In 1929, the influential physicist Paul Dirac stated ``The underlying physical laws necessary for the mathematical theory of a large part of physics and the whole of chemistry are thus completely known, and the difficulty is only that the exact application of these laws leads to equations much too complicated to be soluble". Nearly a century later, theoretical and computational chemists have developed a multitude of sophisticated methods to model the electronic structure of atoms and molecules. Paired with the advances in computational power, approximate solutions to the electronic Schr\"{o}dinger equation for many electron systems ($\hat{H}\Psi = E\Psi$) are employed by scientists to solve important problems in chemistry, physics, biology and materials science. Implementation of these quantum chemistry methods are available in well known packages such as Psi4, Cfour, NWChem, and MRCC to name a few. Approximating molecular wave functions involves heavy numerical effort; therefore, codes are written completely or partially in efficient languages such as C, C++, and Fortran. While the contribution of these codes are invaluable to the field, the development of new methods is often hindered by the learning curve of the programming languages that they are built upon.

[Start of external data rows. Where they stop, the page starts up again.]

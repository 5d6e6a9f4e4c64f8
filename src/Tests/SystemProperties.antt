-- ===== src/Tests/SystemProperties.antt =====
-- Look-ups in a build.prop of three lines: "ab=x", "cd.ab.e=yz" and "e=w".
use fake_libc.Common.{
  ℕ, zero, suc, ◌<◌, ◌≡◌, refl, List, [], ◌∷◌, ◌++◌, ok, some, Option, arith, length, drop, false,
}
use fake_libc.Loader.Returns.{Returns}
use fake_libc.Loader.Ready.{Extends}
use fake_libc.SystemProperties.{
  Text, Cache, same_text, starts_with, strstr, cut, read_lines, found, strcpy,
}
use fake_libc.SystemProperties.Lookup.{system_property_get}
use fake_libc.SystemProperties.Search.{lacks}
use fake_libc.SystemProperties.Answers.{with_value, get-found}
use fake_libc.Tests.Stdio.{tiny, tiny-Provides, started, started-IsReady}

abbrev first_line : Text
first_line = b'a' ∷ b'b' ∷ b'=' ∷ b'x' ∷ 10 ∷ []

abbrev second_line : Text
second_line = b'c' ∷ b'd' ∷ b'.' ∷ b'e' ∷ b'=' ∷ b'y' ∷ b'z' ∷ 10 ∷ []

abbrev third_line : Text
third_line = b'e' ∷ b'=' ∷ b'w' ∷ 10 ∷ []

abbrev build_prop : List Text
build_prop = first_line ∷ second_line ∷ third_line ∷ []

abbrev e_name : Text
e_name = b'e' ∷ []

abbrev empty_cache : Cache
empty_cache = record { last_property = []; last_value = [] }

-- The name "e" is found in the line of the property "cd.e".
substring_found : read_lines 92 e_name build_prop ≡ ok (with_value e_name (b'y' ∷ b'z' ∷ []))
unfolding read_lines strstr starts_with cut found strcpy
substring_found = refl

no_earlier :
    (k : ℕ)
    → k < length {A = ℕ} (b'c' ∷ b'd' ∷ b'.' ∷ [])
    → starts_with (drop k (b'c' ∷ b'd' ∷ b'.' ∷ e_name ++ b'=' ∷ b'y' ∷ b'z' ∷ [])) e_name ≡ false
unfolding starts_with
no_earlier zero lt = refl
no_earlier (suc zero) lt = refl
no_earlier (suc (suc zero)) lt = refl
no_earlier (suc (suc (suc k))) lt = absurd (omega arith)

get-found_example :
    Returns
      (λ a r'. (a ≡ with_value e_name (b'y' ∷ b'z' ∷ [])) × Extends tiny started r')
      (system_property_get tiny (some build_prop) e_name 92 empty_cache started)
    × ((file : Option (List Text)) (r' : _)
        → system_property_get tiny file e_name 92 (with_value e_name (b'y' ∷ b'z' ∷ [])).cache r'
          ≡ ok (with_value e_name (b'y' ∷ b'z' ∷ []), r'))
unfolding same_text lacks strstr starts_with cut
get-found_example =
    get-found tiny tiny-Provides (first_line ∷ []) (third_line ∷ []) (b'c' ∷ b'd' ∷ b'.' ∷ [])
      e_name b'=' (b'y' ∷ b'z' ∷ []) 10 92 empty_cache started started-IsReady refl refl no_earlier
      (omega arith) (omega arith) (omega arith)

In order to accelerate the production of new implementations and ameliorate the maintenance of the code base, packages such as Psi4 and PySCF are written, as much as possible, in Python. This facilitates collaboration of computational chemists towards producing new programs and update existing ones. The emergence of Julia as a powerful tool in scientific computing motivated our development of the Fermi.jl package for quantum chemistry computations. Fermi.jl is written completely in Julia, with only external interfaces to resources written in other languages, such as libcint, a C library for molecular integrals evaluation. Currently, Fermi.jl can handle energy computations for a few important \textit{ab initio} methods: Restricted Hartree--Fock (RHF), M\o{}ller--Plesset perturbation theory (MP2) and Coupled Cluster theory up to perturbative triples [CCD, CCSD, and CCSD(T)]. The code design is based on readability, simplicity and extensibility, utilizing dynamic multiple dispatch for an elegant control flow. For example, MP2 computations can be done with single or double precision and with or without density fitting approximation for integrals. The main body of the code is the same for all combinations, with specific dispatches being called depending on the data type of the molecular integrals. The coupled cluster module leverages the capabilities of the TensorOperations.jl library, in particular allowing for automatic factorization of the tensor contractions. Each line of the code expresses a contraction that can be mapped to the corresponding mathematical term from the theory (often represented as diagrams). Unlike most electronic structure packages, Fermi.jl does not have an input file structure. It can be used interactively or one can write simple Julia scripts, both cases are facilitated by macros offering shortcuts for settings and routine calls. As Fermi.jl is improved and expanded, we hope to motivate computational chemists to consider Julia as modern alternative to traditional computing in electronic structure modeling.